─── Working data

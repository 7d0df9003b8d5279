-- ===== src/Storage/Overlay.antt =====
-- The map that a log of operations is saved over, and the map after that.
use yata_collaborative_edito.Base.{
  none, some, Option, [], ◌∷◌, ◌≡◌, ◌⊎◌, refl, ap, inl, inr, arith, if◌then◌else◌, Map, lookup,
  insert, lookup-insert, Eq, In, Bool-cases,
}
use yata_collaborative_edito.Identifier.{ElementId, id_eq, id_eq_iff, id_Eq}

pub lookup-In :
    {K V : Type 0} ⦃e : Eq K⦄ (k : K) (v : V) (m : Map K V) → lookup k m ≡ some v → In (k, v) m
unfolding lookup
lookup-In k v [] found = absurd (ground (arith, found))
lookup-In ⦃e⦄ k v ((j, w) ∷ m) found = ground (arith, found, e.beq_iff j k, lookup-In k v m)

-- The entry's value is the one that the map has for its key.
abbrev pub IsMap : {V : Type 0} → Map ElementId V → Type 0
IsMap {V} m = (k : ElementId) (v : V) → In (k, v) m → lookup k m ≡ some v

-- No key stands twice.
unfoldable pub IsKeyed : {V : Type 0} → Map ElementId V → Type 0
IsKeyed [] = Unit
IsKeyed ((k, v) ∷ m) = (lookup k m ≡ none) × IsKeyed m

pub IsKeyed-IsMap : {V : Type 0} (m : Map ElementId V) → IsKeyed m → IsMap m
unfolding IsKeyed lookup
IsKeyed-IsMap [] keyed k v i = absurd i
IsKeyed-IsMap ((j, w) ∷ m) keyed k v (inl e) =
    ground (arith, id_eq_iff j k, ap (λ x. x.0) e, ap (λ x. x.1) e)
IsKeyed-IsMap ((j, w) ∷ m) keyed k v (inr i) =
    ground (arith, id_eq_iff j k, keyed.0, IsKeyed-IsMap m keyed.1 k v i)

pub insert-IsKeyed :
    {V : Type 0} (k : ElementId) (v : V) (m : Map ElementId V) → IsKeyed m → IsKeyed (insert k v m)
unfolding IsKeyed lookup insert
insert-IsKeyed k v [] keyed = (refl, tt)
insert-IsKeyed k v ((j, w) ∷ m) keyed = elim (Bool-cases (id_eq j k)) [
  | inl e ↦ ground (arith, e, (id_eq_iff j k).0 e, keyed.0, keyed.1)
  | inr e ↦ ground (
    arith,
    e,
    id_eq_iff j k,
    id_eq_iff k j,
    keyed.0,
    lookup-insert k j v m,
    insert-IsKeyed k v m keyed.1,
  )
]

module _ {V : Type 0} where
  abbrev pub set_at : ElementId → V → (ElementId → Option V) → ElementId → Option V
  set_at k v m id = if id_eq k id then some v else m id

  -- The map after its entries have been put over `m`, one by one.
  unfoldable pub overlay : Map ElementId V → (ElementId → Option V) → ElementId → Option V
  overlay [] m = m
  overlay ((k, v) ∷ rest) m = overlay rest (set_at k v m)

  pub overlay-hit :
      (log : Map ElementId V) (m : ElementId → Option V) (id : ElementId) (v : V)
      → ((w : V) → In (id, w) log → w ≡ v)
      → (m id ≡ some v) ⊎ In (id, v) log
      → overlay log m id ≡ some v
  unfolding overlay
  overlay-hit [] m id v same (inl e) = e
  overlay-hit [] m id v same (inr i) = absurd i
  overlay-hit ((k, w) ∷ rest) m id v same there = elim (Bool-cases (id_eq k id)) [
    | inl e ↦
        let k_id = (id_eq_iff k id).0 e in
        overlay-hit rest (set_at k w m) id v (λ u i. same u (inr i))
          (inl (ground (arith, e, same w (inl (ap (λ x. (x, w)) k_id)))))
    | inr e ↦ elim there [
      | inl old ↦
          overlay-hit rest (set_at k w m) id v (λ u i. same u (inr i))
            (inl (ground (arith, e, old)))
      | inr (inl head) ↦
          absurd (ground (arith, e, id_eq_iff k id, ap (λ (x : ElementId × V). x.0) head))
      | inr (inr later) ↦ overlay-hit rest (set_at k w m) id v (λ u i. same u (inr i)) (inr later)
    ]
  ]

  pub overlay-miss :
      (log : Map ElementId V) (m : ElementId → Option V) (id : ElementId)
      → lookup id log ≡ none
      → overlay log m id ≡ m id
  unfolding overlay lookup
  overlay-miss [] m id missing = refl
  overlay-miss ((k, w) ∷ rest) m id missing =
      ground (arith, missing, overlay-miss rest (set_at k w m) id)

──────

● **Problem description**:
Where the listing above reaches the line that contains "log → w ≡ v)", start retyping, and finish with the line that contains "(inl head) ↦"; reproduce those lines exactly and no others.

● **Output of the task**:
      → ((w : V) → In (id, w) log → w ≡ v)
      → (m id ≡ some v) ⊎ In (id, v) log
      → overlay log m id ≡ some v
  unfolding overlay
  overlay-hit [] m id v same (inl e) = e
  overlay-hit [] m id v same (inr i) = absurd i
  overlay-hit ((k, w) ∷ rest) m id v same there = elim (Bool-cases (id_eq k id)) [
    | inl e ↦
        let k_id = (id_eq_iff k id).0 e in
        overlay-hit rest (set_at k w m) id v (λ u i. same u (inr i))
          (inl (ground (arith, e, same w (inl (ap (λ x. (x, w)) k_id)))))
    | inr e ↦ elim there [
      | inl old ↦
          overlay-hit rest (set_at k w m) id v (λ u i. same u (inr i))
            (inl (ground (arith, e, old)))
      | inr (inl head) ↦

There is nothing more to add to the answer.